As his work has unfolded, Singer has increasingly addressed social policy dimensions of the problems that he considers, but he usually writes as one person in conversation with another.His goal is to change our attitudes and behavior because that is how one changes the world.
individual action |
Although he has written widely, Singer is most closely associated with his defense of animals and his attack on the traditional ethic of the sanctity of human life. According to Peter Singer, other things being equal, it is better to experiment on a profoundly brain-damaged human infant than on a normal chimpanzee. The normative theory that underwrites these judgments is utilitarianism.

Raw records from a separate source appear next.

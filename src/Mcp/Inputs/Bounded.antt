-- ===== src/Mcp/Inputs/Bounded.antt =====
-- The capacity of the inputs, and which calls leave a key alone.
use harness_control_protocol.Base.{
  ℕ, ◌+◌, ◌≤◌, ◌<◌, String, ◌≡◌, sym, subst, Bool, Option, none, some, List, [], ◌∷◌, string_eq,
  ◌==◌, arith, Option-cases, Bool-cases, Result-cases, inl, inr, length, ok,
}
use harness_control_protocol.Base.Dict.{
  Dict, lookup, insert, values, NodupKeys, erase-NodupKeys, insert-NodupKeys,
}
use harness_control_protocol.Base.Weights.{
  sum_of, length-erase, length-insert, total-erase, total-insert,
}
use harness_control_protocol.Mcp.Inputs.{
  Parts, Entry, Inputs, Continuation, absent, not_text, key_text, no_inputs, remove_found, remove,
  remove_each, has_expired, expire, retain_in, retain, max_bytes, parsed, mcp_input_expires_at,
  consume_found, consume_key, consume, close_scope, close, Call, retained, consumed, scope_closed,
  all_closed, call, calls,
}

abbrev held : Dict String Entry → ℕ
held d = sum_of (λ (e : Entry). e.bytes) (values d)

-- The bytes that are counted cover those that are held, and both bounds hold.
pub record IsBounded (st : Inputs) : Type 0 where
  pub unique : NodupKeys st.pending
  pub covered : held st.pending ≤ st.bytes
  pub small : st.bytes ≤ 8388608
  pub few : length st.pending ≤ 128

remove-IsBounded : (key : String) (st : Inputs) → IsBounded st → IsBounded (remove key st)
unfolding remove remove_found
remove-IsBounded key st h = elim (Option-cases (lookup key st.pending)) [
  | inl gone ↦ rw gone h
  | inr (e, there) ↦ rw there (record {
    unique = erase-NodupKeys key st.pending h.unique;
    covered =
        omega
          (arith, h.covered, total-erase (λ (e : Entry). e.bytes) key e st.pending h.unique there);
    small = omega (arith, h.small);
    few = omega (arith, h.few, length-erase key st.pending);
  })
]

pub remove_each-IsBounded :
    (p : Entry → Bool) (rest : Dict String Entry) (st : Inputs)
    → IsBounded st
    → IsBounded (remove_each p rest st)
unfolding remove_each
remove_each-IsBounded p [] st h = h
remove_each-IsBounded p ((key, e) ∷ rest) st h = elim (Bool-cases (p e)) [
  | inl gone ↦ rw gone (remove_each-IsBounded p rest (remove key st) (remove-IsBounded key st h))
  | inr stays ↦ rw stays (remove_each-IsBounded p rest st h)
]

-- What a retained entry is.
pub record IsRetained (key : String) (st after : Inputs) : Type 0 where
  pub entry : Entry
  pub room : length st.pending < 128
  pub fits : st.bytes + entry.bytes ≤ 8388608
  pub result :
      after ≡ record { pending = insert key entry st.pending; bytes = st.bytes + entry.bytes }

pub retain_in-IsRetained :
    (parts : Parts) (scope action input key : String) (now : ℕ) (st after : Inputs)
    → retain_in parts scope action input key now st ≡ ok after
    → IsRetained key st after
unfolding retain_in max_bytes parsed mcp_input_expires_at
retain_in-IsRetained parts scope action input key now st after h =
    elim (Option-cases (parts.parse_pending input)) [
      | inl bad ↦ absurd (ground (arith, h, bad))
      | inr (pending, good) ↦
          elim (Result-cases (mcp_input_expires_at (parts.hint_of pending) (now + 300000))) [
            | inl (thrown, failed) ↦ absurd (ground (arith, h, good, failed))
            | inr (expires, at) ↦ record {
              entry = record {
                scope = scope;
                action = action;
                pending = pending;
                expires = expires;
                bytes = parts.bytes_of pending;
              };
              room = ground (arith, h, good, at);
              fits = ground (arith, h, good, at);
              result = ground (arith, h, good, at);
            }
          ]
    ]

retained-IsBounded :
    (key : String) (st after : Inputs) → IsRetained key st after → IsBounded st → IsBounded after
retained-IsBounded key st after r h = subst IsBounded (sym r.result) (record {
  unique = insert-NodupKeys key r.entry st.pending h.unique;
  covered = omega (arith, h.covered, total-insert (λ (e : Entry). e.bytes) key r.entry st.pending);
  small = r.fits;
  few = omega (arith, r.room, length-insert key r.entry st.pending);
})

pub expire-IsBounded : (now : ℕ) (st : Inputs) → IsBounded st → IsBounded (expire now st)
unfolding expire
expire-IsBounded now st h = remove_each-IsBounded (has_expired now) st.pending st h

retain-IsBounded :
    (parts : Parts) (scope action input key : String) (now : ℕ) (st : Inputs)
    → IsBounded st
    → IsBounded (retain parts scope action input key now st).0
unfolding retain
retain-IsBounded parts scope action input key now st h =
    elim (Result-cases (retain_in parts scope action input key now (expire now st))) [
      | inl (thrown, failed) ↦ rw (failed, retain) (expire-IsBounded now st h)
      | inr (after, done) ↦
          rw (done, retain)
            (retained-IsBounded key (expire now st) after
              (retain_in-IsRetained parts scope action input key now (expire now st) after done)
              (expire-IsBounded now st h))
    ]

consume_key-IsBounded :
    (parts : Parts) (scope action key : String) (responses : Option String) (st : Inputs)
    → IsBounded st
    → IsBounded (consume_key parts scope action key responses st).0
unfolding consume_key
consume_key-IsBounded parts scope action key responses st h =
    elim (Result-cases (consume_found parts scope action (lookup key st.pending) responses)) [
      | inl (thrown, failed) ↦ rw (failed, consume_key) h
      | inr (reply, done) ↦ rw (done, consume_key) (remove-IsBounded key st h)
    ]

consume-IsBounded :
    (parts : Parts) (scope action : String) (state : Continuation) (responses : Option String)
    (now : ℕ) (st : Inputs)
    → IsBounded st
    → IsBounded (consume parts scope action state responses now st).0
unfolding consume
consume-IsBounded parts scope action absent none now st h = expire-IsBounded now st h
consume-IsBounded parts scope action absent (some responses) now st h = expire-IsBounded now st h
consume-IsBounded parts scope action not_text responses now st h = expire-IsBounded now st h
consume-IsBounded parts scope action (key_text key) responses now st h =
    consume_key-IsBounded parts scope action key responses (expire now st)
      (expire-IsBounded now st h)

empty-IsBounded : IsBounded (record { pending = []; bytes = 0 })
empty-IsBounded = record {
  unique = tt;
  covered = unfold sum_of in omega arith;
  small = omega arith;
  few = omega arith;
}

call-IsBounded :
    (parts : Parts) (c : Call) (st : Inputs) → IsBounded st → IsBounded (call parts c st)
unfolding call
call-IsBounded parts (retained scope action input key now) st h =
    retain-IsBounded parts scope action input key now st h
call-IsBounded parts (consumed scope action state responses now) st h =
    consume-IsBounded parts scope action state responses now st h
call-IsBounded parts (scope_closed scope) st h =
    unfold close_scope in remove_each-IsBounded (λ e. e.scope == scope) st.pending st h
call-IsBounded parts all_closed st h = unfold close in empty-IsBounded

calls_from-IsBounded :
    (parts : Parts) (cs : List Call) (st : Inputs) → IsBounded st → IsBounded (calls parts cs st)
unfolding calls
calls_from-IsBounded parts [] st h = h
calls_from-IsBounded parts (c ∷ cs) st h =
    calls_from-IsBounded parts cs (call parts c st) (call-IsBounded parts c st h)

-- After any calls of retain, consume, closeScope and close, there are at most 128 entries with one
-- for each key, the bytes that are counted are at most 8 MiB, and they cover the bytes of the
-- entries.
pub calls-IsBounded : (parts : Parts) (cs : List Call) → IsBounded (calls parts cs no_inputs)
calls-IsBounded parts cs =
    calls_from-IsBounded parts cs no_inputs (unfold no_inputs in empty-IsBounded)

The good to be maximized, in the case of self-conscious creatures (persons), is satisfied preferences; in the case of non-persons, it is pleasure and the absence of suffering. In metaethics, Singer follows the universal prescriptivism of his teacher, R. M. Hare.
Singer’s recent writing has ranged from practical ethics to work that is more personal. His most recent book, The President of Good and Evil (2004), takes President George W. Bush’s moralism at face value, and subjects it to rigorous philosophical examination.
R. M. Hare |
His 2002 book, One World, is an ethical assessment of the environmental, economic, and legal dimensions of globalization. Pushing Time Away (2003) is the most personal of his books. It is a moving biography of Singer’s maternal grandfather, David Oppenheim, a Viennese intellectual and teacher, who was murdered in the Holocaust.
In recovering the life, thought, and sensibility of Oppenheim, Singer discovers strong affinities with his own thought and intellectual formation, perhaps because of a common source in the Haskalah (Jewish Enlightenment). Only in his late-50s as of 2005, Singer is likely to continue to produce important work in all areas of moral philosophy.